Выслушав подозрительно гладкий перевод, отдававший стилем бойкого писаки, Рудницкий предложил Теофилю разобрать слово за словом предложение, где старый падуанец с сатанинским коварством скрыл все грамматические ловушки — и необычно двусмысленное «ut» и «gerundivum», и «consecutio temporum», и, наконец, это злосчастное «cum», по сути ясное, как божий день, но в то же время предательски сбивающее с толку — вроде как обманчивым эхом — крохотным «tum», вовсе ему чуждым и поставленным через две запятые.
Учитель потребовал показать книжку. К чему уж тут было, Теофиль, уверять, что перевод между строчками писал не ты, что ты даже внимания на него не обратил, что книжка-де старая и вообще не твоя? Где был предел твоим лживым измышлениям? В конце концов ты, чего доброго, стал бы отрицать собственное существование?
Эта бесполезная, трусливая ложь мучила Теофиля неимоверно. Он прямо корчился от стыда. А вслед за стыдом его охватил страх, лихорадочный страх, кошмарное чувство, что время упущено, что от целого полугодия остался лишь месяц, нет, неделя, сутки, час — и вот, все уже пропало, и ты, второгодник, вышвырнут на улицу, как ненужная вещь.
Теофиль вскочил с кровати, дрожащими руками натянул брюки, рубашку и зажег лампу. От белого абажура лег большой круг желтоватого света, теплого, успокоительного, бодрящего. Мальчик раскрыл Ливия, тетрадку для латинских слов, слева положил словарь и грамматику. Как в лес, углубился он в текст, прежде всего выкорчевывая незнакомые слова. После каждой такой порубки в лесу немного светлело, но отдельные члены предложений торчали здесь и там, мрачные и неприступные, будто островки чащобы. В них он врезался с грамматикой, которая водила его окольными путями, и нередко он, сделав большой круг, возвращался туда, откуда вышел, и вдруг обнаруживал торную дорогу в двух шагах от грозных дебрей. После получасового странствия он будто и впрямь выбрался из лесу и с изумлением увидел большую реку, разлившуюся в весеннем паводке по равнине, где наподобие островов высились холмы. Среди пустынной, недвижной тишины раздался детский плач, потом откуда-то издалека, с гор, прибежала волчица и скрылась под поникшими ветвями фигового дерева.
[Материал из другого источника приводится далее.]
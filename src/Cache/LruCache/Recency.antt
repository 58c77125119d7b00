-- ===== src/Cache/LruCache/Recency.antt =====
-- An entry survives while fewer other keys are used than the cache holds.
use quantstack_terminal.Common.{
  ℕ, suc, ◌+◌, ◌≤◌, ◌<◌, ◌≡◌, ◌≢◌, ◌∙◌, refl, sym, ap, inl, inr, false, List, [], ◌∷◌, ◌++◌, some,
  Text, text_eq, text_beq, text_beq_iff, beq_of_ne, arith, All, length, Bool-cases, Option-cases,
  leb, Assoc, put, remove, IsFresh, IsFresh-remove_self, get-append, put_of_IsFresh,
}
use quantstack_terminal.Common.{get as map_get}
use quantstack_terminal.Cache.LruCache.{
  Entry, LruCache, is_expired, get, evict, set, has, delete, Use, fetched, stored, checked, deleted,
  cleared, step, run,
}
use quantstack_terminal.Cache.LruCache.Bounds.{IsBounded, evict-IsFresh}
use quantstack_terminal.Common.{length-remove_le}
use quantstack_terminal.Common.{length-put_le}
use quantstack_terminal.Cache.LruCache.{clear}

-- The use is of another key, and does not clear the cache.
abbrev pub OfOther : {T : Type 0} → Text → Use T → Type 0
OfOther k (fetched now j) = j ≢ k
OfOther k (stored now j v ttl) = j ≢ k
OfOther k (checked now j) = j ≢ k
OfOther k (deleted j) = j ≢ k
OfOther k cleared = ⊥

module _ {T : Type 0} (k : Text) (e : Entry T) where
  -- The entry stands in the map with at most `n` entries behind it.
  record Stands (n : ℕ) (m : Assoc Text (Entry T)) : Type 0 where
    pre : Assoc Text (Entry T)
    post : Assoc Text (Entry T)
    split : m ≡ pre ++ (k, e) ∷ post
    front : IsFresh k pre
    few : length post ≤ n

  remove-Stands' :
      (n : ℕ) (j : Text) (pre post : Assoc Text (Entry T))
      → j ≢ k
      → IsFresh k pre
      → length post ≤ n
      → Stands n (remove j (pre ++ (k, e) ∷ post))
  unfolding remove
  remove-Stands' n j [] post d front few = rw (beq_of_ne k j (λ eq. d (sym eq))) (record {
    pre = [];
    post = remove j post;
    split = refl;
    front = tt;
    few = omega (arith, length-remove_le j post);
  })
  remove-Stands' n j ((i, w) ∷ pre) post d front few = elim (Bool-cases (text_beq i j)) [
    | inl same ↦
        rw same (record { pre = pre; post = post; split = refl; front = front.1; few = few })
    | inr other ↦
        let h = remove-Stands' n j pre post d front.1 few in
        rw other (record {
          pre = (i, w) ∷ h.pre;
          post = h.post;
          split = ap (λ t. (i, w) ∷ t) h.split;
          front = (front.0, h.front);
          few = h.few;
        })
  ]

  put-Stands' :
      (n : ℕ) (j : Text) (v : Entry T) (pre post : Assoc Text (Entry T))
      → j ≢ k
      → IsFresh k pre
      → length post ≤ n
      → Stands (n + 1) (put j v (pre ++ (k, e) ∷ post))
  unfolding put
  put-Stands' n j v [] post d front few = rw (beq_of_ne k j (λ eq. d (sym eq))) (record {
    pre = [];
    post = put j v post;
    split = refl;
    front = tt;
    few = omega (arith, length-put_le j v post);
  })
  put-Stands' n j v ((i, w) ∷ pre) post d front few = elim (Bool-cases (text_beq i j)) [
    | inl same ↦
        rw same (record {
          pre = (i, v) ∷ pre;
          post = post;
          split = refl;
          front = front;
          few = omega arith;
        })
    | inr other ↦
        let h = put-Stands' n j v pre post d front.1 few in
        rw other (record {
          pre = (i, w) ∷ h.pre;
          post = h.post;
          split = ap (λ t. (i, w) ∷ t) h.split;
          front = (front.0, h.front);
          few = h.few;
        })
  ]

  evict-Stands' :
      (n size : ℕ) (pre post : Assoc Text (Entry T))
      → IsFresh k pre
      → length post ≤ n
      → n + 1 < size
      → Stands n (evict size (pre ++ (k, e) ∷ post))
  unfolding evict remove
  evict-Stands' n size [] post front few room =
      let small : leb size (suc (length post)) ≡ false = ground arith in
      rw small (record { pre = []; post = post; split = refl; front = tt; few = few })
  evict-Stands' n size ((i, w) ∷ pre) post front few room =
      elim (Bool-cases (leb size (length ((i, w) ∷ (pre ++ (k, e) ∷ post))))) [
        | inl full ↦
            rw (full, (text_beq_iff i i).1 refl)
              (record { pre = pre; post = post; split = refl; front = front.1; few = few })
        | inr fits ↦
            rw fits
              (record { pre = (i, w) ∷ pre; post = post; split = refl; front = front; few = few })
      ]

  remove-Stands :
      (n : ℕ) (j : Text) (m : Assoc Text (Entry T)) → j ≢ k → Stands n m → Stands n (remove j m)
  remove-Stands n j m d h = rw h.split (remove-Stands' n j h.pre h.post d h.front h.few)

  put-Stands :
      (n : ℕ) (j : Text) (v : Entry T) (m : Assoc Text (Entry T))
      → j ≢ k
      → Stands n m
      → Stands (n + 1) (put j v m)
  put-Stands n j v m d h = rw h.split (put-Stands' n j v h.pre h.post d h.front h.few)

  evict-Stands :
      (n size : ℕ) (m : Assoc Text (Entry T)) → n + 1 < size → Stands n m → Stands n (evict size m)
  evict-Stands n size m room h = rw h.split (evict-Stands' n size h.pre h.post h.front h.few room)

  Stands-grow : (n : ℕ) (m : Assoc Text (Entry T)) → Stands n m → Stands (n + 1) m
  Stands-grow n m h = record {
    pre = h.pre;
    post = h.post;
    split = h.split;
    front = h.front;
    few = omega (arith, h.few);
  }

  get-Stands :
      (n now : ℕ) (j : Text) (c : LruCache T)
      → j ≢ k
      → Stands n c.store
      → Stands (n + 1) (get now j c).0.store
  unfolding get
  get-Stands n now j c d h = elim (Option-cases (map_get j c.store)) [
    | inl missing ↦ rw (missing, get) (Stands-grow n c.store h)
    | inr (v, found) ↦ elim (Bool-cases (is_expired now v)) [
      | inl old ↦ rw (found, old, get) (Stands-grow n _ (remove-Stands n j c.store d h))
      | inr live ↦
          rw (found, live, get)
            (put-Stands n j v (remove j c.store) d (remove-Stands n j c.store d h))
    ]
  ]

  set-Stands :
      (n now : ℕ) (j : Text) (v : T) (ttl : ℕ) (c : LruCache T)
      → j ≢ k
      → n + 1 < c.capacity
      → Stands n c.store
      → Stands (n + 1) (set now j v ttl c).store
  unfolding set
  set-Stands n now j v ttl c d room h =
      put-Stands n j _ _ d (evict-Stands n c.capacity _ room (remove-Stands n j c.store d h))

  step-Stands :
      (n : ℕ) (u : Use T) (c : LruCache T)
      → OfOther k u
      → n + 1 < c.capacity
      → Stands n c.store
      → Stands (n + 1) (step u c).store
  unfolding step has delete
  step-Stands n (fetched now j) c d room h = get-Stands n now j c d h
  step-Stands n (stored now j v ttl) c d room h = set-Stands n now j v ttl c d room h
  step-Stands n (checked now j) c d room h = get-Stands n now j c d h
  step-Stands n (deleted j) c d room h = Stands-grow n _ (remove-Stands n j c.store d h)
  step-Stands n cleared c d room h = absurd d

  get-capacity : (now : ℕ) (j : Text) (c : LruCache T) → (get now j c).0.capacity ≡ c.capacity
  unfolding get
  get-capacity now j c = ground arith

  step-capacity : (u : Use T) (c : LruCache T) → (step u c).capacity ≡ c.capacity
  unfolding step has delete set clear
  step-capacity (fetched now j) c = get-capacity now j c
  step-capacity (stored now j v ttl) c = refl
  step-capacity (checked now j) c = get-capacity now j c
  step-capacity (deleted j) c = refl
  step-capacity cleared c = refl

  run-Stands :
      (us : List (Use T)) (n : ℕ) (c : LruCache T)
      → All (OfOther k) us
      → n + length us < c.capacity
      → Stands n c.store
      → Stands (n + length us) (run us c).store
  unfolding run
  run-Stands [] n c d room h = let same : n + 0 ≡ n = omega arith in rw same h
  run-Stands (u ∷ us) n c d room h =
      let keep = step-capacity u c in
      let room' : (n + 1) + length us < (step u c).capacity = omega (arith, keep) in
      let same : n + suc (length us) ≡ (n + 1) + length us = omega arith in
      rw same (run-Stands us (n + 1) (step u c) d.1 room' (step-Stands n u c d.0 (omega arith) h))

  get_self : (post : Assoc Text (Entry T)) → map_get k ((k, e) ∷ post) ≡ some e
  unfolding map_get
  get_self post = rw ((text_beq_iff k k).1 refl)

  get-Stands_self :
      (n later : ℕ) (c : LruCache T)
      → Stands n c.store
      → is_expired later e ≡ false
      → (get later k c).1 ≡ some e.value
  unfolding get
  get-Stands_self n later c h live =
      let found : map_get k c.store ≡ some e =
        ap (map_get k) h.split ∙ get-append k h.pre ((k, e) ∷ h.post) h.front ∙ get_self h.post in
      rw (found, get) (rw live refl)

-- A value that was stored in a bounded cache is read back until its time to live is over, after any
-- uses of other keys that are fewer than the capacity and do not clear the cache.
pub set-survives :
    {T : Type 0} (now later : ℕ) (k : Text) (v : T) (ttl : ℕ) (us : List (Use T)) (c : LruCache T)
    → IsBounded c
    → All (OfOther k) us
    → length us < c.capacity
    → later ≤ now + ttl
    → (get later k (run us (set now k v ttl c))).1 ≡ some v
unfolding set
set-survives now later k v ttl us c b others room live =
    let e : Entry _ = record { value = v; at = now; ttl = ttl } in
    let m = evict c.capacity (remove k c.store) in
    let fresh = evict-IsFresh k c.capacity _ (IsFresh-remove_self k c.store b.distinct) in
    let first : Stands k e 0 (set now k v ttl c).store = record {
      pre = m;
      post = [];
      split = put_of_IsFresh k e m fresh;
      front = fresh;
      few = omega arith;
    } in
    get-Stands_self k e _ later _
      (run-Stands k e us 0 (set now k v ttl c) others (omega arith) first) (ground arith)
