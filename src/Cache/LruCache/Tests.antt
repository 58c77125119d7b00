-- ===== src/Cache/LruCache/Tests.antt =====
-- A cache of three entries, and the theorems at concrete inputs.
use quantstack_terminal.Common.{
  ℕ, ◌≡◌, ◌≢◌, refl, List, [], ◌∷◌, none, some, Text, codes, text_eq, arith, put, remove, ne_of_beq,
}
use quantstack_terminal.Common.{get as map_get}
use quantstack_terminal.Cache.LruCache.{
  new, get, evict, set, has, delete, clear, size, Use, fetched, stored, step, run,
}
use quantstack_terminal.Cache.LruCache.Bounds.{IsBounded, run-IsBounded}
use quantstack_terminal.Cache.LruCache.Recency.{set-survives}

caching : Unit {0}
unfolding run step get set has delete clear evict new size put remove map_get
caching = tt

abbrev a : Text
a = codes "a"

abbrev b : Text
b = codes "b"

abbrev c : Text
c = codes "c"

abbrev uses : List (Use ℕ)
uses = stored 1 a 10 100 ∷ stored 2 b 20 100 ∷ fetched 3 a ∷ stored 4 c 30 5 ∷ []

-- With room for two, `b` is evicted: `a` was fetched after it.
evicts_least_recent :
    ((get 5 b (run uses (new 2))).1 ≡ none)
    × ((get 5 a (run uses (new 2))).1 ≡ some 10)
    × ((get 10 c (run uses (new 2))).1 ≡ none)
unfolding caching
evicts_least_recent = (refl, refl, refl)

-- The size counts an entry whose time is over.
size_counts_expired : size (run {T = ℕ} (stored 1 a 10 5 ∷ []) (new 2)) ≡ 1
unfolding caching
size_counts_expired = refl

run-IsBounded_example : IsBounded (run uses (new 2))
run-IsBounded_example = run-IsBounded 2 uses

b_is_not : b ≢ a
b_is_not = ne_of_beq b a refl

c_is_not : c ≢ a
c_is_not = ne_of_beq c a refl

set-survives_example :
    (get 9 a
      (run (stored 2 b 20 1 ∷ stored 3 c 30 1 ∷ []) (set 1 a 10 8 (run [] (new {T = ℕ} 3))))).1
    ≡ some 10
unfolding caching
set-survives_example =
    set-survives 1 9 a 10 8 (stored 2 b 20 1 ∷ stored 3 c 30 1 ∷ []) (run [] (new 3))
      (run-IsBounded 3 []) (b_is_not, (c_is_not, tt)) (omega arith) (omega arith)
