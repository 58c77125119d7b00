-- ===== src/Cache/RingBuffer.antt =====
-- backend/engine/ringBuffer.ts: a ring of ticks in one flat array of numbers.
--
-- The numbers of the array are the `Float` of an interface `Floats`, with the constants and tests that
-- the code uses. The array is a list of `capacity * 8` of them. The capacity is positive: the source
-- takes remainders by it.
pub mod Layout
pub mod Positions
pub mod Window
mod Tests
use quantstack_terminal.Common.{
  ℕ, zero, suc, ◌+◌, ◌-◌, ◌*◌, ◌%◌, Bool, List, [], ◌∷◌, Option, none, some, ◌==◌, ltb,
  if◌then◌else◌, get_or, replicate, filter,
}
use quantstack_terminal.Common.{set as write}

pub record Floats : Type 1 where
  pub Float : Type 0
  pub zero_ : Float
  pub one_ : Float
  pub is_truthy : Float → Bool
  pub is_above : Float → Float → Bool

pub record TickRecord (F : Type 0) : Type 0 where
  pub time : F
  pub spot : F
  pub atm_strike : F
  pub synthetic_future : F
  pub call_ltp : F
  pub put_ltp : F
  pub straddle_price : F
  pub is_roll_event : F

-- The column of each field is its place in the record: `COL`.
abbrev pub n_cols : ℕ
n_cols = 8

pub record RingBuffer (F : Type 0) : Type 0 where
  pub buf : List F
  pub capacity : ℕ
  pub head : ℕ
  pub size : ℕ

module _ (fl : Floats) where
  open fl use {Float, zero_, one_, is_truthy, is_above}

  unfoldable pub new : ℕ → RingBuffer Float
  new capacity = record {
    buf = replicate (capacity * n_cols) zero_;
    capacity = capacity;
    head = 0;
    size = 0;
  }

  -- `record.isRollEvent ? 1 : 0`, the other columns as they are.
  abbrev pub stored : TickRecord Float → TickRecord Float
  stored r = record r { is_roll_event = if is_truthy r.is_roll_event then one_ else zero_ }

  -- The columns of a record, by their index in `COL`.
  abbrev pub columns : TickRecord Float → List Float
  columns r =
      r.time ∷ r.spot ∷ r.atm_strike ∷ r.synthetic_future ∷ r.call_ltp ∷ r.put_ltp
      ∷ r.straddle_price ∷ r.is_roll_event ∷ []

  -- `this.buf[base + i] = value`, column after column.
  unfoldable pub write_cols : ℕ → List Float → List Float → List Float
  write_cols base [] buf = buf
  write_cols base (v ∷ vs) buf = write_cols (base + 1) vs (write buf base v)

  unfoldable pub read_at : ℕ → RingBuffer Float → TickRecord Float
  read_at pos b =
      let base = pos * n_cols in
      record {
        time = get_or b.buf base zero_;
        spot = get_or b.buf (base + 1) zero_;
        atm_strike = get_or b.buf (base + 2) zero_;
        synthetic_future = get_or b.buf (base + 3) zero_;
        call_ltp = get_or b.buf (base + 4) zero_;
        put_ltp = get_or b.buf (base + 5) zero_;
        straddle_price = get_or b.buf (base + 6) zero_;
        is_roll_event = get_or b.buf (base + 7) zero_;
      }

  unfoldable pub push : TickRecord Float → RingBuffer Float → RingBuffer Float
  push r b = record {
    buf = write_cols ((b.head % b.capacity) * n_cols) (columns (stored r)) b.buf;
    capacity = b.capacity;
    head = b.head + 1;
    size = if ltb b.size b.capacity then b.size + 1 else b.size;
  }

  unfoldable pub last : RingBuffer Float → Option (TickRecord Float)
  last b = if b.size == 0 then none else some (read_at (((b.head + b.capacity) - 1) % b.capacity) b)

  -- The loop of `toArray`: `rounds` reads from the index `i`.
  unfoldable pub read_from : RingBuffer Float → ℕ → ℕ → ℕ → List (TickRecord Float)
  read_from b start i zero = []
  read_from b start i (suc rounds) =
      read_at ((start + i) % b.capacity) b ∷ read_from b start (i + 1) rounds

  unfoldable pub to_array : RingBuffer Float → List (TickRecord Float)
  unfolding read_from
  to_array b =
      let start = if ltb b.size b.capacity then 0 else b.head % b.capacity in
      read_from b start 0 b.size

  unfoldable pub since : Float → RingBuffer Float → List (TickRecord Float)
  since after b = filter (λ r. is_above r.time after) (to_array b)

  unfoldable pub clear : RingBuffer Float → RingBuffer Float
  clear b = record b { head = 0; size = 0 }

-- The calls that change a buffer.
pub data Change (F : Type 0) : Type 0 where
  pushed : TickRecord F → Change F
  cleared : Change F

module _ (fl : Floats) where
  open fl use {Float}

  unfoldable pub run : List (Change Float) → RingBuffer Float → RingBuffer Float
  run [] b = b
  run (pushed r ∷ cs) b = run cs (push fl r b)
  run (cleared ∷ cs) b = run cs (clear fl b)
Теофиль вернулся к началу текста, и лишь теперь понял он слова: «vi compressa Vestalis» — и смутился, как будто тут же, в его присутствии, насиловали весталку — так резко и ярко блеснул перед гдазами упругий латинский оборот. Драма Реи Сильвии, Ромула и Рема, обнаруженная вполне самостоятельно, тронула его — не как отрывок из школьного учебника, а как факт, который удалось узнать случайно, чуть ли не подслушать, собрать по частям из намеков и обрывков фраз. Это было совершенно новое ощущение. И еще неожиданней оказалось удовольствие от самой работы, от терпеливого вникания в слова всегда многозначные и какие-то не то скользкие, не то верткие — вот-вот, кажется, схватишь его, но вдруг оно ускользает, и упрямая часть предложения снова оказывается одетой в непроницаемую броню.